Something for them to be mindful of as they plan to have a family in a few years is the incremental cost of children. So, it’s good to know they still have good cash flow comparing their income to their expenses and hopefully did not buy all the house they could afford. I am firmly in favour of their plan to have a few big trips the next few years before having children because it can be tough to do when your kids are young. They also seem to have their financial house in reasonably good order.
Mei and Harold cook in big batches to make sure they have leftovers for lunch. If they do not already have one, a deep freezer could be a good investment for their new home. That way, they can minimize food waste and make sure they always have a selection of leftovers on hand.
As interest rates rise, Mei and Harold could see their mortgage payments increase. Variable rate mortgages may have a trigger rate at which point payments need to increase to cover incremental interest costs. The prime rate has risen 3% already in 2022 and the Bank of Canada may not be done as they continue to try to combat inflation.
Results: They spent more. Spending in week one: $414.51. Spending in week two: $1,037.25
How they think they did: While they spent more this week, the couple feels their money went toward worthy causes. Car repairs, Mei says, were a necessary expense. Similarly, the birthday party they attended was “out of the ordinary, but a reasonable and welcome expense for spending time with friends.”
And while their trip to Costco for groceries was pricier than usual, they bought enough groceries to last about two weeks, Mei adds.
They are considering some aspects of Heath’s advice on how to prioritize their money to work for them, and note they had previously invested in a deep freezer to extend the life of some of their grocieres. “We use (it) when we stock up on meat when it is on sale.”
Take-aways: The couple says it’s “validating” to hear that they’re spending their money reasonably.
“Jason’s recommendation to explore a home equity line of credit is something we wish to explore in the future,” Mei says. At the moment, though, the couple is not eligible as their home’s equity hasn’t appreciated enough since their purchase. The level of security a HELOC offers is something the pair values, and they hope to pursue it when they’re eligible.

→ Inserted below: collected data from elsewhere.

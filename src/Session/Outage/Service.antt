-- ===== src/Session/Outage/Service.antt =====
-- What `service_outage_packet` of src/session/outage.rs promises for each client packet.
use mathlib.Core.Path.{subst}
use traffic_director.Codec.{
  QoS, at_most_once, at_least_once, exactly_once, ProtocolVersion, PacketV3, PacketV5, MqttPacket,
  v3, v5, CodecLib, HasType, HasMqttHeaders, packet_type,
}
use traffic_director.Prelude.{
  Bytes, ℕ, ◌+◌, ◌≤◌, ◌<◌, ◌≡◌, refl, ◌⊎◌, inl, inr, false, Option, none, some, [], ◌∷◌, ◌++◌,
  arith, length, ◌∙◌,
}
use traffic_director.Result.{quota_exceeded, ok, err}
use traffic_director.Session.Outage.{
  Served, defer_publish, defer_release, defer_subscription, buffer_push, service_outage_packet,
  outage_buffer_max_bytes, defer_encoded, subscriptions_track,
}
use traffic_director.Session.Outage.Buffer.{IsBuffer, push-IsBuffer, IsDeferred, push_lem}
use traffic_director.Session.Outage.Cases.{is_ping, service_cases}
use traffic_director.Window.Frames.{encode_raw-HasType}
use traffic_director.Window.Invariant.{IsValid, track_c2b-IsValid}
use traffic_director.Session.Subscriptions.Shape.{IsRestorable, track-IsRestorable, IsOf}
use traffic_director.Session.Subscriptions.{track}
use traffic_director.Window.{encode_raw}

-- The identifier and QoS under which a packet is held back for the broker.
abbrev held_publish : QoS → Option ℕ → Option (ℕ × QoS)
held_publish at_most_once id = none
held_publish qos none = none
held_publish qos (some id) = some (id, qos)

abbrev pub held : MqttPacket → Option (ℕ × QoS)
held (v3 (PacketV3.publish p)) = held_publish p.qos p.packet_id
held (v3 (PacketV3.publish_release id)) = some (id, exactly_once)
held (v3 (PacketV3.subscribe id filters)) = some (id, at_least_once)
held (v3 (PacketV3.unsubscribe id filters)) = some (id, at_least_once)
held (v5 (PacketV5.publish p)) = held_publish p.qos p.packet_id
held (v5 (PacketV5.publish_release a)) = some (a.packet_id, exactly_once)
held (v5 (PacketV5.subscribe p)) = some (p.packet_id, at_least_once)
held (v5 (PacketV5.unsubscribe p)) = some (p.packet_id, at_least_once)
held _ = none

packet_type_cases :
    (p : MqttPacket) (n : ℕ) → packet_type p ≡ some n → (n ≡ 3) ⊎ (n ≡ 6) ⊎ (n ≡ 8) ⊎ (n ≡ 10)
packet_type_cases p n h = ground arith

HasType-IsDeferred :
    (p : MqttPacket) (n i q : ℕ) (raw : Bytes)
    → packet_type p ≡ some n
    → HasType n raw
    → IsDeferred (record { packet_id = i; raw = raw; qos = q })
HasType-IsDeferred p n i q raw e h = elim (packet_type_cases p n e) [
  | inl x ↦ inl (subst (λ t. HasType t raw) x h)
  | inr (inl x) ↦ inr (inl (subst (λ t. HasType t raw) x h))
  | inr (inr (inl x)) ↦ inr (inr (inl (subst (λ t. HasType t raw) x h)))
  | inr (inr (inr x)) ↦ inr (inr (inr (subst (λ t. HasType t raw) x h)))
]

-- What holds of the borrowed state between two packets.
pub record IsServed {C : Type 0} (lib : CodecLib C) (ver : ProtocolVersion) (s : Served C)
    : Type 0 where
  pub buffer_ok : IsBuffer s.buffer
  pub windows_ok : IsValid s.windows
  pub subscriptions_ok : IsRestorable lib ver s.subscriptions

module _ {C : Type 0} (lib : CodecLib C) where
  -- Whatever the outcome, a packet of the session's version keeps the outage buffer within its
  -- bound and correctly counted, the windows valid and the subscription table restorable.
  pub service-IsServed :
      HasMqttHeaders lib
      → (ver : ProtocolVersion) (s : Served C) (p : MqttPacket) → IsOf ver p
      → IsServed lib ver s
      → IsServed lib ver (service_outage_packet lib p s).1
  service-IsServed laws ver s p of v =
      service_cases lib (IsServed lib ver) s p
        (record { buffer_ok = v.buffer_ok; windows_ok = v.windows_ok; subscriptions_ok = table })
        (λ b i q n raw e t h. record {
          buffer_ok =
              push-IsBuffer s.buffer i raw q
                (HasType-IsDeferred p n i q raw t (encode_raw-HasType lib laws p raw n e t))
                v.buffer_ok h;
          windows_ok = v.windows_ok;
          subscriptions_ok = table;
        })
        (λ w same h. record {
          buffer_ok = v.buffer_ok;
          windows_ok = track_c2b-IsValid lib laws s.windows p v.windows_ok h;
          subscriptions_ok = v.subscriptions_ok;
        })
        (λ c same h. record {
          buffer_ok = v.buffer_ok;
          windows_ok = v.windows_ok;
          subscriptions_ok = v.subscriptions_ok;
        })
    where
      table : IsRestorable lib ver (track lib s.subscriptions p)
      table = track-IsRestorable lib ver s.subscriptions p of v.subscriptions_ok

  -- Unless the packet is a PINGREQ, the client is sent nothing, whatever the outcome: no PUBACK,
  -- PUBREC, PUBCOMP, SUBACK or UNSUBACK is made up on the broker's behalf.
  pub service-silent :
      (s : Served C) (p : MqttPacket)
      → is_ping p ≡ false
      → (service_outage_packet lib p s).1.client ≡ s.client
  service-silent s p no_ping =
      service_cases lib (λ s'. s'.client ≡ s.client) s p refl (λ b i q n raw e t h. refl)
        (λ w same h. refl) (λ c same h. cc)

  buffer_push_fits :
      (s : Served C) (id : ℕ) (raw : Bytes) (qos : QoS)
      → s.buffer.bytes + length raw ≤ outage_buffer_max_bytes
      → buffer_push lib id raw qos s ≡ (
        ok tt,
        record s {
          buffer = record {
            entries =
                s.buffer.entries
                ++ record { packet_id = id; raw = raw; qos = lib.qos_byte qos } ∷ [];
            bytes = s.buffer.bytes + length raw;
          };
        },
      )
  unfolding buffer_push
  buffer_push_fits s id raw qos fits = rw ((push_lem s.buffer id raw (lib.qos_byte qos)).0 fits)

  buffer_push_full :
      (s : Served C) (id : ℕ) (raw : Bytes) (qos : QoS)
      → outage_buffer_max_bytes < s.buffer.bytes + length raw
      → buffer_push lib id raw qos s ≡ (err quota_exceeded, s)
  unfolding buffer_push
  buffer_push_full s id raw qos full = rw ((push_lem s.buffer id raw (lib.qos_byte qos)).1 full)

  defer_publish-held :
      (s : Served C) (q : QoS) (i : Option ℕ) (p : MqttPacket) (raw : Bytes) (id : ℕ) (qos : QoS)
      → held_publish q i ≡ some (id, qos)
      → encode_raw lib p ≡ ok raw
      → defer_publish lib q i p s ≡ buffer_push lib id raw qos s
  unfolding defer_publish defer_encoded
  defer_publish-held s at_most_once i p raw id qos h e = cc
  defer_publish-held s at_least_once none p raw id qos h e = cc
  defer_publish-held s exactly_once none p raw id qos h e = cc
  defer_publish-held s at_least_once (some i) p raw id qos h e = rw e (cc)
  defer_publish-held s exactly_once (some i) p raw id qos h e = rw e (cc)

  defer_release-held :
      (s : Served C) (i : ℕ) (p : MqttPacket) (raw : Bytes) (id : ℕ) (qos : QoS)
      → ◌≡◌ {A = Option (ℕ × QoS)} (some (i, exactly_once)) (some (id, qos))
      → encode_raw lib p ≡ ok raw
      → defer_release lib i p s ≡ buffer_push lib id raw qos s
  unfolding defer_release
  defer_release-held s i p raw id qos h e = rw e (cc)

  defer_subscription-held :
      (s : Served C) (i : ℕ) (p : MqttPacket) (raw : Bytes) (id : ℕ) (qos : QoS)
      → ◌≡◌ {A = Option (ℕ × QoS)} (some (i, at_least_once)) (some (id, qos))
      → encode_raw lib p ≡ ok raw
      → defer_subscription lib i p s
        ≡ buffer_push lib id raw qos (record s { subscriptions = track lib s.subscriptions p })
  unfolding defer_subscription subscriptions_track
  defer_subscription-held s i p raw id qos h e = rw e (cc)

  -- A packet that is held back is one `buffer_push` of its encoding, with the table tracked first.
  service_held :
      (s : Served C) (p : MqttPacket) (raw : Bytes) (id : ℕ) (qos : QoS)
      → held p ≡ some (id, qos)
      → encode_raw lib p ≡ ok raw
      → service_outage_packet lib p s
        ≡ buffer_push lib id raw qos (record s { subscriptions = track lib s.subscriptions p })
  unfolding service_outage_packet track
  service_held s (v3 (PacketV3.publish p)) raw id qos h e =
      defer_publish-held s p.qos p.packet_id _ raw id qos h e
  service_held s (v3 (PacketV3.publish_release i)) raw id qos h e =
      defer_release-held s i _ raw id qos h e
  service_held s (v3 (PacketV3.subscribe i filters)) raw id qos h e =
      defer_subscription-held s i (v3 (PacketV3.subscribe i filters)) raw id qos h e
  service_held s (v3 (PacketV3.unsubscribe i filters)) raw id qos h e =
      defer_subscription-held s i (v3 (PacketV3.unsubscribe i filters)) raw id qos h e
  service_held s (v5 (PacketV5.publish p)) raw id qos h e =
      defer_publish-held s p.qos p.packet_id _ raw id qos h e
  service_held s (v5 (PacketV5.publish_release a)) raw id qos h e =
      defer_release-held s a.packet_id _ raw id qos h e
  service_held s (v5 (PacketV5.subscribe p)) raw id qos h e =
      defer_subscription-held s p.packet_id (v5 (PacketV5.subscribe p)) raw id qos h e
  service_held s (v5 (PacketV5.unsubscribe p)) raw id qos h e =
      defer_subscription-held s p.packet_id (v5 (PacketV5.unsubscribe p)) raw id qos h e
  service_held s _ raw id qos h e = cc

  -- A publish of QoS 1 or 2 with an identifier, a PUBREL, a SUBSCRIBE or an UNSUBSCRIBE that can be
  -- encoded is appended to the buffer, under its identifier and QoS, if the buffer then holds at
  -- most 1 MiB, and the call succeeds; else the call ends with `QuotaExceeded` and the buffer is as
  -- it was. Either way the subscription table has tracked the packet and nothing else changes.
  pub service-holds :
      (s : Served C) (p : MqttPacket) (raw : Bytes) (id : ℕ) (qos : QoS)
      → held p ≡ some (id, qos)
      → encode_raw lib p ≡ ok raw
      → (s.buffer.bytes + length raw ≤ outage_buffer_max_bytes
          → service_outage_packet lib p s ≡ (
            ok tt,
            record s {
              subscriptions = track lib s.subscriptions p;
              buffer = record {
                entries =
                    s.buffer.entries
                    ++ record { packet_id = id; raw = raw; qos = lib.qos_byte qos } ∷ [];
                bytes = s.buffer.bytes + length raw;
              };
            },
          ))
        × (outage_buffer_max_bytes < s.buffer.bytes + length raw
            → service_outage_packet lib p s
              ≡ (err quota_exceeded, record s { subscriptions = track lib s.subscriptions p }))
  service-holds s p raw id qos h e = (
    λ fits. service_held s p raw id qos h e ∙ buffer_push_fits _ id raw qos fits,
    λ full. service_held s p raw id qos h e ∙ buffer_push_full _ id raw qos full,
  )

They’re also looking at increasing their emergency fund.
“We are both young and healthy, but the possibility of Mei going on maternity leave at some point means that we should have a bit more in the bank so we can live comfortably during this time,” Harold says.
The couple says they purchased the home they could afford at the time they bought it. Their intention, Mei explains, is to grow into their home with their future children and delay moving for a very long time — or at all.
“We recognize that this means we are paying a lot more toward our mortgage than we would have buying a smaller home or condo, which is now a scary thought with rising interest rates,” she says.
“With the last rate hike, our mortgage will be $5,350 monthly, which is over $1,500 more than when we bought the house in March and a significant hit to our ability to save. We’ll continue to save when we can, shop sales and use coupons, and explore a home equity line of credit in the future to keep up.”